You are viewing a plain text version of this content. The canonical link for it is here.
Posted to user@nutch.apache.org by lewis john mcgibbney <le...@gmail.com> on 2011/08/27 22:19:24 UTC

Trying to complete index structure wiki page

Hi,

As the title suggests, I'm in the process of getting some comprehensive
documentation sorted out for Nutch, this obviously starts at wiki level. I'm
currently working on the IndexStructure page [1]. I would appreciate if some
guys could have a quick look and correct where they see fit.

In addition I have a couple of quick questions regarding the last 4 fields
I'm trying to account for

1) BOOST - As far as I am aware this was deprecated in Nutch 1.2 or Nutch
1.1... correct/wrong?
2) DIGEST - Don't have a clue
3) SEGMENT - as 2
4) TIMESTAMP - as 2

Would be great if people could fill me in with the grey areas please.

Finally, what a job all contributors, dev's and committers made cleaning up
plugin directory even between Nutch 1.2 and 1.3 release.
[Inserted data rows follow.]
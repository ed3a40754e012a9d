-- ===== src/Cfg/Tests.antt =====
-- Runs of the handlers, and the theorems at concrete inputs.
use edysquelch.Prelude.{
  ℕ, ◌<◌, ◌≡◌, refl, ◌⊎◌, true, false, some, List, [], ◌∷◌, length, get_elem?, All, pos, negsuc,
  ◌+ℤ◌, Bytes, codes, tolower, isdigit, isspace, null_followed, done, halted, none, has_prefix,
  str_case_equal, arith,
}
use edysquelch.CfgFile.Values.{hatoll_loop, hatoll, skip_space, atoi, strlwr, do_string}
use edysquelch.CfgFile.{
  c_string, word_of, behind_word, args_loop, parse_args, fits_name, find_command, cmdparse,
  fgets_loop, read_lines, first_file, read_cfgfile,
}
use edysquelch.Cfg.{unit_of, interval_loop, parse_interval, UplinkConfig, do_uplink, mono}
use edysquelch.Cfg.Intervals.{
  Part, IsPart, FitsInt, text_of, seconds_in_all, parse_interval-text_of,
}
use edysquelch.Cfg.Reading.{
  Config, cfg_cmds, chosen_logdir, chosen_device, chosen_pidfile, complete, read_config,
}
use edysquelch.Cfg.Complete.{IsComplete, read_config-IsComplete}
use edysquelch.Cfg.Uplinks.{is_json, do_uplink_lem}

interval-runs :
    (parse_interval (codes "1h30M5") ≡ pos 5405) × (parse_interval (codes "2d") ≡ pos 172800)
unfolding parse_interval interval_loop isdigit tolower unit_of atoi skip_space isspace hatoll
    hatoll_loop ◌+ℤ◌
interval-runs = (refl, refl)

abbrev hour_and_half : List Part
hour_and_half =
    record { digits = codes "1"; unit = b'h' } ∷ record { digits = codes "30"; unit = b'M' } ∷ []

hour_and_half-IsPart : All IsPart hour_and_half
unfolding isdigit
hour_and_half-IsPart = (((refl, tt), refl), (((refl, (refl, tt)), refl), tt))

hour_and_half-FitsInt : All FitsInt hour_and_half
unfolding atoi skip_space isspace isdigit hatoll hatoll_loop tolower unit_of ◌+ℤ◌
hour_and_half-FitsInt = ((omega arith, omega arith), ((omega arith, omega arith), tt))

interval_example :
    parse_interval (text_of hour_and_half (codes "5")) ≡ seconds_in_all hour_and_half (codes "5")
interval_example =
    parse_interval-text_of hour_and_half (codes "5") hour_and_half-IsPart hour_and_half-FitsInt
      (unfold isdigit in (refl, tt))
      (unfold atoi skip_space isspace isdigit hatoll hatoll_loop ◌+ℤ◌ in omega arith)

abbrev line : List Bytes
line = codes "uplink" ∷ codes "a" ∷ codes "JSON" ∷ []

uplink_example :
    ((is_json line ≡ true) × (length line ≡ 3) × (do_uplink [] line ≡ halted null_followed))
    ⊎ ((is_json line ≡ true)
        × (3 < length line)
        × ((l : UplinkConfig) × (do_uplink [] line ≡ done (l ∷ [], pos 0))
            × (get_elem? line 1 ≡ some l.name)
            × (get_elem? line 3 ≡ some l.url)))
    ⊎ ((is_json line ≡ false) × ((k : ℕ) × (do_uplink [] line ≡ done ([], negsuc k))))
uplink_example = do_uplink_lem [] line

abbrev start : Config
start = record {
  cfgfile = codes "edysquelch.conf";
  pidfile = none;
  logdir = none;
  log_dir = none;
  fpdir = none;
  logname = codes "edysquelch";
  sound_device = none;
  sound_in_file = none;
  sound_out_file = none;
  sound_channels = mono;
  sound_levellog = pos 0;
  stats_interval = pos 0;
  expiry_interval = pos 0;
  uplink_config = [];
  new_uplink_config = [];
}

abbrev file : Bytes
file = codes "# test\nLogDir logs\nsoundinfile a.raw\nUplink x json http://u\n"

abbrev configured : Config
configured = record start {
  pidfile = some (codes "logs/edysquelch.pid");
  logdir = some (codes "logs");
  sound_in_file = some (codes "a.raw");
  uplink_config = record { name = codes "x"; url = codes "http://u" } ∷ [];
}

read_config-file : read_config (λ f. some file) start ≡ done (configured, pos 0)
unfolding read_config read_cfgfile first_file fgets_loop read_lines cmdparse parse_args args_loop
    skip_space word_of behind_word isspace strlwr tolower find_command fits_name has_prefix cfg_cmds
    do_string do_uplink str_case_equal c_string complete chosen_logdir chosen_device chosen_pidfile
read_config-file = refl

read_config-IsComplete_example : IsComplete configured
read_config-IsComplete_example = read_config-IsComplete (λ f. some file) start read_config-file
It's not until you
see previous versions on SVN that you can fully appreciate the excellent job
that has been made with 1.3 release.  :0)
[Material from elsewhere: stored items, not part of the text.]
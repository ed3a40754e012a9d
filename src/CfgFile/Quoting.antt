-- ===== src/CfgFile/Quoting.antt =====
-- Quoted words are read back.
use edysquelch.Prelude.{
  ℕ, zero, suc, ◌≤◌, ◌<◌, ◌≡◌, refl, ◌∙◌, ◌≢◌, ◌⊎◌, inl, inr, ◌||◌, some, List, [], ◌∷◌, ◌++◌,
  arith, ◌==◌, if◌then◌else◌, Bool-cases, length, All, Bytes,
}
use edysquelch.CfgFile.Values.{skip_space}
use edysquelch.CfgFile.{put, string_loop, parse_string, c_string, args_loop, max_args, parse_args}

-- How a word is written between quotes: a quote and a backslash get a backslash.
pub escaped : Bytes → Bytes
escaped [] = []
escaped (c ∷ s) = if c == b'"' || c == 92 then 92 ∷ c ∷ escaped s else c ∷ escaped s

abbrev pub quoted : Bytes → Bytes
quoted w = b'"' ∷ (escaped w ++ b'"' ∷ [])

-- Quoted words with a blank behind each.
pub line_of : List Bytes → Bytes
line_of [] = []
line_of (w ∷ ws) = b'"' ∷ (escaped w ++ (b'"' ∷ b' ' ∷ line_of ws))

-- No byte of the word is 0.
abbrev pub NoZero : Bytes → Type 0
NoZero w = All (λ c. c ≢ 0) w

string_loop-plain :
    (f c : ℕ) (s : Bytes)
    → c ≢ b'"'
    → c ≢ 92
    → s ≢ []
    → string_loop (suc f) (c ∷ s) ≡ put c (string_loop f s)
unfolding string_loop
string_loop-plain f c [] q b h = absurd (h refl)
string_loop-plain f c (e ∷ s) q b h = ground arith

string_loop-escape :
    (f c : ℕ) (s : Bytes)
    → (c ≡ b'"') ⊎ (c ≡ 92)
    → string_loop (suc f) (92 ∷ c ∷ s) ≡ put c (string_loop f s)
unfolding string_loop
string_loop-escape f c s h = ground arith

escaped-ne-nil : (w rest : Bytes) → escaped w ++ (b'"' ∷ rest) ≢ []
unfolding escaped
escaped-ne-nil [] rest e = cc
escaped-ne-nil (c ∷ w) rest e = elim (Bool-cases (c == b'"' || c == 92)) [
  | inl y ↦ cc (rw y at e)
  | inr n ↦ cc (rw n at e)
]

string_loop-end : (f : ℕ) (rest : Bytes) → string_loop (suc f) (b'"' ∷ rest) ≡ some ([], rest)
unfolding string_loop
string_loop-end f [] = refl
string_loop-end f (e ∷ s) = refl

string_loop-escaped :
    (w rest : Bytes) (f : ℕ)
    → length w < f
    → string_loop f (escaped w ++ (b'"' ∷ rest)) ≡ some (w, rest)
unfolding escaped
string_loop-escaped w rest zero h = elim h [ ]
string_loop-escaped [] rest (suc f) h = string_loop-end f rest
string_loop-escaped (c ∷ w) rest (suc f) h =
    let later = string_loop-escaped w rest f (omega arith) in
    elim (Bool-cases (c == b'"' || c == 92)) [
      | inl y ↦
          rw (y)
            (string_loop-escape f c (escaped w ++ (b'"' ∷ rest)) (ground arith) ∙ rw later refl)
      | inr n ↦ rw n (
          string_loop-plain f c (escaped w ++ (b'"' ∷ rest)) (ground arith) (ground arith)
            (escaped-ne-nil w rest)
          ∙ rw later refl)
    ]

length-escaped : (w rest : Bytes) → length w ≤ length (escaped w ++ rest)
unfolding escaped
length-escaped [] rest = omega arith
length-escaped (c ∷ w) rest = ground (arith, length-escaped w rest)

-- parse_string reads an escaped word up to its closing quote, and gives the word and what stands
-- behind the quote, whatever that is.
pub parse_string-escaped :
    (w rest : Bytes) → parse_string (escaped w ++ (b'"' ∷ rest)) ≡ some (w, rest)
unfolding parse_string
parse_string-escaped w rest =
    string_loop-escaped w rest (suc (length (escaped w ++ (b'"' ∷ rest))))
      (omega (arith, length-escaped w (b'"' ∷ rest)))

c_string-NoZero : (w : Bytes) → NoZero w → c_string w ≡ w
unfolding c_string
c_string-NoZero [] h = refl
c_string-NoZero (c ∷ w) (ne, h) = ground (arith, c_string-NoZero w h)

args_loop-line_of :
    (ws : List Bytes) (n : ℕ) → All NoZero ws → length ws ≤ n → args_loop n (line_of ws) ≡ some ws
unfolding args_loop line_of skip_space
args_loop-line_of [] zero h l = refl
args_loop-line_of [] (suc n) h l = refl
args_loop-line_of (w ∷ ws) zero h l = absurd (omega arith)
args_loop-line_of (w ∷ ws) (suc n) (h, hs) l =
    let first = parse_string-escaped w (b' ' ∷ line_of ws) in
    let later = args_loop-line_of ws n hs (omega arith) in
    rw (first, args_loop) (rw (c_string-NoZero w h, later) refl)

-- A line of up to 255 words, each quoted and escaped, with a blank behind each, is read back as
-- exactly these words; they may hold any bytes but 0, blanks, quotes and backslashes included, and
-- may be empty.
pub parse_args-line_of :
    (ws : List Bytes) → All NoZero ws → length ws ≤ max_args → parse_args (line_of ws) ≡ ws
unfolding parse_args
parse_args-line_of ws h l = rw (args_loop-line_of ws max_args h l, parse_args) refl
[1] http://wiki.apache.org/nutch/IndexStructure

-- 
*Lewis*

Re: Trying to complete index structure wiki page

Posted by lewis john mcgibbney <le...@gmail.com>.
excellent Markus

We are slowly but surely getting nearer... :0)
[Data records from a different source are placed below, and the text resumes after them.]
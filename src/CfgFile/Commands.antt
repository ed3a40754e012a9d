-- ===== src/CfgFile/Commands.antt =====
-- Which command a line runs, and how a file of lines is read.
use edysquelch.Prelude.{
  ℕ, zero, ◌-◌, ◌≤◌, ◌≡◌, refl, ap, ◌∙◌, inl, inr, true, false, ◌||◌, none, some, List, [], ◌∷◌,
  ◌++◌, leb, ◌==◌, Bool-cases, length, All, ℤ, pos, negsuc, Bytes, ◌⊎◌,
}
use edysquelch.CfgFile.Values.{strlwr}
use edysquelch.CfgFile.{
  c_string, max_args, cfgline_len, fits_name, find_command, starts_comment, cmdparse, onto_first,
  fgets_loop, read_lines, Command,
}
use edysquelch.CfgFile.Quoting.{line_of, NoZero, parse_args-line_of}

find_command-first {ℓ} :
    {S : Type ℓ}
    → (before : List (Command S)) → (c : Command S) → (after : List (Command S)) → (w : Bytes)
    → All (λ d. fits_name w d.name ≡ false) before
    → fits_name w c.name ≡ true
    → find_command (before ++ (c ∷ after)) w ≡ some c
unfolding find_command
find_command-first [] c after w h y = rw y refl
find_command-first (d ∷ before) c after w (n, h) y = rw n (find_command-first before c after w h y)

find_command-none {ℓ} :
    {S : Type ℓ}
    → (cmds : List (Command S)) → (w : Bytes) → All (λ d. fits_name w d.name ≡ false) cmds
    → find_command cmds w ≡ none
unfolding find_command
find_command-none [] w h = refl
find_command-none (d ∷ cmds) w (n, h) = rw n (find_command-none cmds w h)

-- A line of quoted words runs the handler of the first row whose name begins with the first word,
-- in any case; the handler gets the first word in lower case and the other words as they were
-- written. The line has at most 255 words, none has a byte 0, and the first does not begin with `#`.
pub cmdparse-first {ℓ} :
    {S : Type ℓ}
    → (before : List (Command S)) → (c : Command S) → (after : List (Command S)) → (st : S)
    → (w : Bytes) → (ws : List Bytes) → All (λ d. fits_name (strlwr w) d.name ≡ false) before
    → fits_name (strlwr w) c.name ≡ true
    → starts_comment w ≡ false
    → All NoZero (w ∷ ws)
    → length (w ∷ ws) ≤ max_args
    → cmdparse (before ++ (c ∷ after)) st (line_of (w ∷ ws)) ≡ c.function st (strlwr w ∷ ws)
unfolding cmdparse
cmdparse-first before c after st w ws h y n z l =
    rw (parse_args-line_of (w ∷ ws) z l, cmdparse)
      (rw n (rw (find_command-first before c after (strlwr w) h y) refl))

-- A line of quoted words with no row for its first word changes nothing and gives -1, under the
-- same conditions on the words.
pub cmdparse-unknown {ℓ} :
    {S : Type ℓ}
    → (cmds : List (Command S)) → (st : S) → (w : Bytes) → (ws : List Bytes)
    → All (λ d. fits_name (strlwr w) d.name ≡ false) cmds
    → starts_comment w ≡ false
    → All NoZero (w ∷ ws)
    → length (w ∷ ws) ≤ max_args
    → cmdparse cmds st (line_of (w ∷ ws)) ≡ (st, negsuc 0)
unfolding cmdparse
cmdparse-unknown cmds st w ws h n z l =
    rw (parse_args-line_of (w ∷ ws) z l, cmdparse)
      (rw n (rw (find_command-none cmds (strlwr w) h) refl))

sign_cases : (z : ℤ) → ((r : ℕ) × (z ≡ pos r)) ⊎ ((r : ℕ) × (z ≡ negsuc r))
sign_cases (pos r) = inl (r, refl)
sign_cases (negsuc r) = inr (r, refl)

-- What becomes of the lines behind those read: they are read if no line failed.
abbrev pub behind {ℓ} : {S : Type ℓ} → List (Command S) → List Bytes → S × ℤ → S × ℤ
behind cmds ls (st, pos zero) = read_lines cmds st ls
behind cmds ls (st, r) = (st, r)

-- Lines are run in order, each on the state that the ones before it left, and nothing behind the
-- first line with a negative value runs; then the value is 2.
pub read_lines-append {ℓ} :
    {S : Type ℓ}
    → (cmds : List (Command S)) → (st : S) → (before bs : List Bytes)
    → read_lines cmds st (before ++ bs) ≡ behind cmds bs (read_lines cmds st before)
unfolding read_lines
read_lines-append cmds st [] bs = refl
read_lines-append cmds st (l ∷ before) bs =
    let (later, ret) = cmdparse cmds st (c_string l) in
    elim (sign_cases ret) [
      | inl (r, e) ↦ rw (e, read_lines) (read_lines-append cmds later before bs)
      | inr (r, e) ↦ rw (e, read_lines) refl
    ]

-- The lines one behind the other.
pub flatten : List Bytes → Bytes
flatten [] = []
flatten (l ∷ ls) = l ++ flatten ls

flatten-onto_first : (c : ℕ) (ls : List Bytes) → flatten (onto_first c ls) ≡ c ∷ flatten ls
unfolding flatten
flatten-onto_first c [] = refl
flatten-onto_first c (l ∷ ls) = refl

-- The lines that fgets reads, one behind the other, are the content of the file.
pub flatten-fgets_loop : (room : ℕ) (s : Bytes) → flatten (fgets_loop room s) ≡ s
unfolding fgets_loop flatten
flatten-fgets_loop room [] = refl
flatten-fgets_loop room (c ∷ s) = elim (Bool-cases (c == 10 || leb room 1)) [
  | inl y ↦ rw (y) (ap (◌∷◌ c) (flatten-fgets_loop (cfgline_len - 1) s))
  | inr n ↦ rw (n) (
      flatten-onto_first c (fgets_loop (room - 1) s) ∙ ap (◌∷◌ c) (flatten-fgets_loop (room - 1) s))
]
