-- ===== src/CfgFile/Words.antt =====
-- Plain words, and argstr as the inverse of parse_args on them.
use mathlib.Core.List.{append-nil, append_assoc}
use edysquelch.Prelude.{
  ℕ, zero, suc, ◌+◌, ◌≤◌, ◌<◌, ◌≡◌, refl, sym, ap, ◌∙◌, ◌≢◌, ◌⊎◌, inl, inr, true, false, some, List,
  [], ◌∷◌, ◌++◌, arith, ◌==◌, length, length-append, take, All, Bytes, codes, isspace,
}
use edysquelch.CfgFile.Values.{skip_space}
use edysquelch.CfgFile.{
  word_of, behind_word, drop_one, add_word, args_loop, max_args, parse_args, cfgline_len,
  append_bounded, argstr_loop, drop_last, argstr,
}

-- A word that needs no quotes: not empty, no blank in it, and no quote in front.
abbrev pub IsPlain : Bytes → Type 0
IsPlain [] = ⊥
IsPlain (c ∷ s) = (c ≢ b'"') × All (λ b. isspace b ≡ false) (c ∷ s)

-- The words with a blank behind each: what the loop of argstr builds.
unfoldable pub spaced : List Bytes → Bytes
spaced [] = []
spaced (w ∷ ws) = w ++ (b' ' ∷ spaced ws)

-- Where a word ends: at the end of the text or at a blank.
Ends : Bytes → Type 0
Ends rest = (rest ≡ []) ⊎ ((c : ℕ) × (s : Bytes) × (rest ≡ c ∷ s) × (isspace c ≡ true))

word_of-append :
    (w rest : Bytes)
    → All (λ b. isspace b ≡ false) w
    → Ends rest
    → (word_of (w ++ rest) ≡ w) × (behind_word (w ++ rest) ≡ rest)
unfolding word_of behind_word Ends
word_of-append [] rest h (inl e) = rw e (refl, refl)
word_of-append [] rest h (inr (c, s, e, y)) = rw (e, y) (refl, refl)
word_of-append (c ∷ w) rest (n, h) e =
    let (p, q) = word_of-append w rest h e in (rw (n, p) refl, rw (n, q) refl)

skip_none : (c : ℕ) (s : Bytes) → isspace c ≡ false → skip_space (c ∷ s) ≡ c ∷ s
unfolding skip_space
skip_none c s h = rw (h, skip_space) refl

args_loop-word :
    (w rest : Bytes) (n : ℕ)
    → IsPlain w
    → Ends rest
    → args_loop (suc n) (w ++ rest) ≡ add_word w (args_loop n (drop_one rest))
unfolding args_loop
args_loop-word [] rest n h e = absurd h
args_loop-word (c ∷ w) rest n (q, (b, h)) e =
    let (p, r) = word_of-append (c ∷ w) rest (b, h) e in
    let not_quote : (c == b'"') ≡ false = ground arith in
    rw (skip_none c (w ++ rest) b, args_loop) (rw not_quote (rw (p, r) refl))

take_all : (n : ℕ) (t : Bytes) → length t ≤ n → take n t ≡ t
take_all zero [] h = refl
take_all zero (c ∷ t) h = absurd (omega arith)
take_all (suc n) [] h = refl
take_all (suc n) (c ∷ t) h = ap (◌∷◌ c) (take_all n t (omega arith))

append_bounded_all : (s t : Bytes) → length s + length t < cfgline_len → append_bounded s t ≡ s ++ t
append_bounded_all s t h = ap (◌++◌ s) (take_all _ t (omega arith))

argstr_loop-spaced :
    (ws : List Bytes) (s : Bytes)
    → length s + length (spaced ws) < cfgline_len
    → argstr_loop s ws ≡ s ++ spaced ws
unfolding argstr_loop spaced
argstr_loop-spaced [] s h = sym (append-nil s)
argstr_loop-spaced (w ∷ ws) s h =
    let l1 = length-append {0} w (b' ' ∷ spaced ws) in
    let l2 = length-append {0} s w in
    let l3 = length-append {0} (s ++ w) (codes " ") in
    let first = append_bounded_all s w (omega arith) in
    let second = append_bounded_all (s ++ w) (codes " ") (omega arith) in
    let both : append_bounded (append_bounded s w) (codes " ") ≡ (s ++ w) ++ codes " " =
      ap (λ x. append_bounded x (codes " ")) first ∙ second in
    ap (λ x. argstr_loop x ws) both
    ∙ argstr_loop-spaced ws ((s ++ w) ++ codes " ") (omega arith)
    ∙ simp append_assoc

drop_last-append :
    (w : Bytes) (c : ℕ) (s : Bytes) → drop_last (w ++ (c ∷ s)) ≡ w ++ drop_last (c ∷ s)
unfolding drop_last
drop_last-append [] c s = refl
drop_last-append (d ∷ []) c s = refl
drop_last-append (d ∷ e ∷ w) c s = ap (◌∷◌ d) (drop_last-append (e ∷ w) c s)

args_loop-end : (n : ℕ) → args_loop n [] ≡ some []
unfolding args_loop skip_space
args_loop-end zero = refl
args_loop-end (suc n) = refl

-- The blank that is cut off stands behind the last word.
drop_last-spaced :
    (w v : Bytes) (ws : List Bytes)
    → IsPlain v
    → drop_last (spaced (w ∷ v ∷ ws)) ≡ w ++ (b' ' ∷ drop_last (spaced (v ∷ ws)))
unfolding spaced
drop_last-spaced w [] ws h = absurd h
drop_last-spaced w (c ∷ v) ws h =
    drop_last-append w b' ' ((c ∷ v) ++ (b' ' ∷ spaced ws)) ∙ ap (◌++◌ w) (unfold drop_last in refl)

args_loop-spaced :
    (ws : List Bytes) (n : ℕ)
    → All IsPlain ws
    → length ws ≤ n
    → args_loop n (drop_last (spaced ws)) ≡ some ws
args_loop-spaced [] zero h l = unfold args_loop spaced drop_last in refl
args_loop-spaced [] (suc n) h l = unfold args_loop spaced drop_last skip_space in refl
args_loop-spaced (w ∷ ws) zero h l = absurd (omega arith)
args_loop-spaced (w ∷ []) (suc n) (h, hs) l =
    let last : drop_last (spaced (w ∷ [])) ≡ w ++ [] =
      unfold spaced in (drop_last-append w b' ' [] ∙ (unfold drop_last in refl)) in
    rw last (args_loop-word w [] n h (unfold Ends in inl refl) ∙ rw (args_loop-end n) refl)
args_loop-spaced (w ∷ v ∷ ws) (suc n) (h, hs) l =
    let later = args_loop-spaced (v ∷ ws) n hs (omega arith) in
    rw (drop_last-spaced w v ws hs.0) (
      args_loop-word w (b' ' ∷ drop_last (spaced (v ∷ ws))) n h
        (unfold Ends in inr (b' ', drop_last (spaced (v ∷ ws)), refl, unfold isspace in refl))
      ∙ rw later refl)

-- argstr puts up to 255 plain words back into a line that parse_args reads as the same words, if
-- with a blank behind each they fit the static buffer of 102400 bytes.
pub parse_args-argstr :
    (ws : List Bytes)
    → All IsPlain ws
    → length ws ≤ max_args
    → length (spaced ws) < cfgline_len
    → parse_args (argstr ws) ≡ ws
unfolding argstr
parse_args-argstr ws h l fits =
    let line : argstr_loop [] ws ≡ spaced ws = argstr_loop-spaced ws [] (omega arith) in
    rw line (unfold parse_args in rw (args_loop-spaced ws max_args h l, parse_args) refl)
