-- ===== src/CfgFile/Tests.antt =====
-- Runs of the parser on lines of a configuration, and the theorems at concrete inputs.
use edysquelch.Prelude.{
  ◌≡◌, refl, some, List, [], ◌∷◌, arith, All, ℤ, pos, negsuc, Bytes, codes, isdigit, isspace,
  has_prefix, tolower,
}
use edysquelch.CfgFile.Values.{hatoll_loop, hatoll, skip_space, atoi, strlwr, do_int}
use edysquelch.CfgFile.{
  escape_byte, octal_value, skip_octal, string_loop, parse_string, c_string, word_of, behind_word,
  args_loop, parse_args, Command, cmdparse, fits_name,
}
use edysquelch.CfgFile.Words.{IsPlain}
use edysquelch.CfgFile.Quoting.{line_of, NoZero, parse_args-line_of}
use edysquelch.CfgFile.Commands.{cmdparse-first}

parse_args-runs :
    (parse_args (codes "Sound  \"a b\\\"c\" 12\n")
      ≡ codes "Sound" ∷ codes "a b\"c" ∷ codes "12" ∷ [])
    × (parse_args (codes "Sound \"a b") ≡ codes "Sound" ∷ codes "a b" ∷ [])
    × (parse_args (codes "a \"b\"cd") ≡ codes "a" ∷ codes "b" ∷ codes "d" ∷ [])
unfolding parse_args args_loop skip_space word_of behind_word parse_string string_loop c_string
    isspace escape_byte
parse_args-runs = (refl, refl, refl)

-- The digits behind `\x` stay in the text, behind a byte 0.
parse_string-hex : parse_string (codes "\\x41\"") ≡ some (0 ∷ codes "x41", [])
unfolding parse_string string_loop
parse_string-hex = refl

parse_string-octal : parse_string (codes "\\101\" z") ≡ some (codes "A", codes " z")
unfolding parse_string string_loop octal_value skip_octal
parse_string-octal = refl

atoi-runs : (atoi (codes " -42x") ≡ negsuc 41) × (atoi (codes "17") ≡ pos 17)
unfolding atoi skip_space isspace hatoll hatoll_loop isdigit
atoi-runs = (refl, refl)

abbrev words : List Bytes
words = codes "Device" ∷ codes "" ∷ codes "a \"b" ∷ []

words-NoZero : All NoZero words
words-NoZero = (
  (omega arith, (omega arith, (omega arith, (omega arith, (omega arith, (omega arith, tt)))))),
  (tt, ((omega arith, (omega arith, (omega arith, (omega arith, tt)))), tt)),
)

line_of_example : parse_args (line_of words) ≡ words
line_of_example = parse_args-line_of words words-NoZero (omega arith)

abbrev plain : List Bytes
plain = codes "level" ∷ codes "10" ∷ []

plain-IsPlain : All IsPlain plain
unfolding isspace
plain-IsPlain = (
  (omega arith, (refl, (refl, (refl, (refl, (refl, tt)))))),
  ((omega arith, (refl, (refl, tt))), tt),
)

-- A table for a configuration of one number.
abbrev table : List (Command ℤ)
table =
    record { name = codes "setall"; function = λ st ws. (pos 99, pos 0) }
    ∷ record { name = codes "device"; function = do_int }
    ∷ record { name = codes "devices"; function = λ st ws. (st, pos 0) }
    ∷ []

first_example :
    cmdparse table (pos 1) (line_of words)
    ≡ do_int (pos 1) (strlwr (codes "Device") ∷ codes "" ∷ codes "a \"b" ∷ [])
first_example =
    cmdparse-first (record { name = codes "setall"; function = λ st ws. (pos 99, pos 0) } ∷ [])
      (record { name = codes "device"; function = do_int })
      (record { name = codes "devices"; function = λ st ws. (st, pos 0) } ∷ []) (pos 1)
      (codes "Device") (codes "" ∷ codes "a \"b" ∷ [])
      ((unfold fits_name strlwr has_prefix tolower in refl), tt)
      (unfold fits_name strlwr has_prefix tolower in refl) refl words-NoZero (omega arith)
On Tue, Aug 30, 2011 at 1:14 AM, Markus Jelsma
<ma...@openindex.io>wrote:

>
> > Hi,
> >
> > As the title suggests, I'm in the process of getting some comprehensive
> > documentation sorted out for Nutch, this obviously starts at wiki level.
> > I'm currently working on the IndexStructure page [1]. I would appreciate
> > if some guys could have a quick look and correct where they see fit.
> >
> > In addition I have a couple of quick questions regarding the last 4
> fields
> > I'm trying to account for
> >
> > 1) BOOST - As far as I am aware this was deprecated in Nutch 1.2 or Nutch
> > 1.1... correct/wrong?
>
> This would be value of the scoring filter, OPIC or LinkRank or some custom
> made scoring.
>
> > 2) DIGEST - Don't have a clue
>
> The digest of the document. Can be MD5 over content and headers or more
> sophisticated text profile of the content.
>
> > 3) SEGMENT - as 2
>
> The originating segment of the document, used to identify the most recent
> segment in which you can find this document. In older Nutch version this
> was
> also used (IIRC) to load a `cached` version of the document.
>
> > 4) TIMESTAMP - as 2
>
> Most recent fetch time.
>
> >
> > Would be great if people could fill me in with the grey areas please.
> >
> > Finally, what a job all contributors, dev's and committers made cleaning
> up
> > plugin directory even between Nutch 1.2 and 1.3 release. It's not until
> you
> > see previous versions on SVN that you can fully appreciate the excellent
> > job that has been made with 1.3 release.  :0)
> >
> > [1] http://wiki.apache.org/nutch/IndexStructure
>



-- 
*Lewis*

Re: Trying to complete index structure wiki page

Posted by Markus Jelsma <ma...@openindex.io>.
> Hi,
> 
> As the title suggests, I'm in the process of getting some comprehensive
> documentation sorted out for Nutch, this obviously starts at wiki level.
> I'm currently working on the IndexStructure page [1]. I would appreciate
> if some guys could have a quick look and correct where they see fit.
> 
> In addition I have a couple of quick questions regarding the last 4 fields
> I'm trying to account for
> 
> 1) BOOST - As far as I am aware this was deprecated in Nutch 1.2 or Nutch
> 1.1... correct/wrong?

This would be value of the scoring filter, OPIC or LinkRank or some custom 
made scoring.

> 2) DIGEST - Don't have a clue

The digest of the document. Can be MD5 over content and headers or more 
sophisticated text profile of the content.

> 3) SEGMENT - as 2

The originating segment of the document, used to identify the most recent 
segment in which you can find this document. In older Nutch version this was 
also used (IIRC) to load a `cached` version of the document.

> 4) TIMESTAMP - as 2

Most recent fetch time.

> 
> Would be great if people could fill me in with the grey areas please.
> 
> Finally, what a job all contributors, dev's and committers made cleaning up
> plugin directory even between Nutch 1.2 and 1.3 release. It's not until you
> see previous versions on SVN that you can fully appreciate the excellent
> job that has been made with 1.3 release.  :0)
> 
> [1] http://wiki.apache.org/nutch/IndexStructure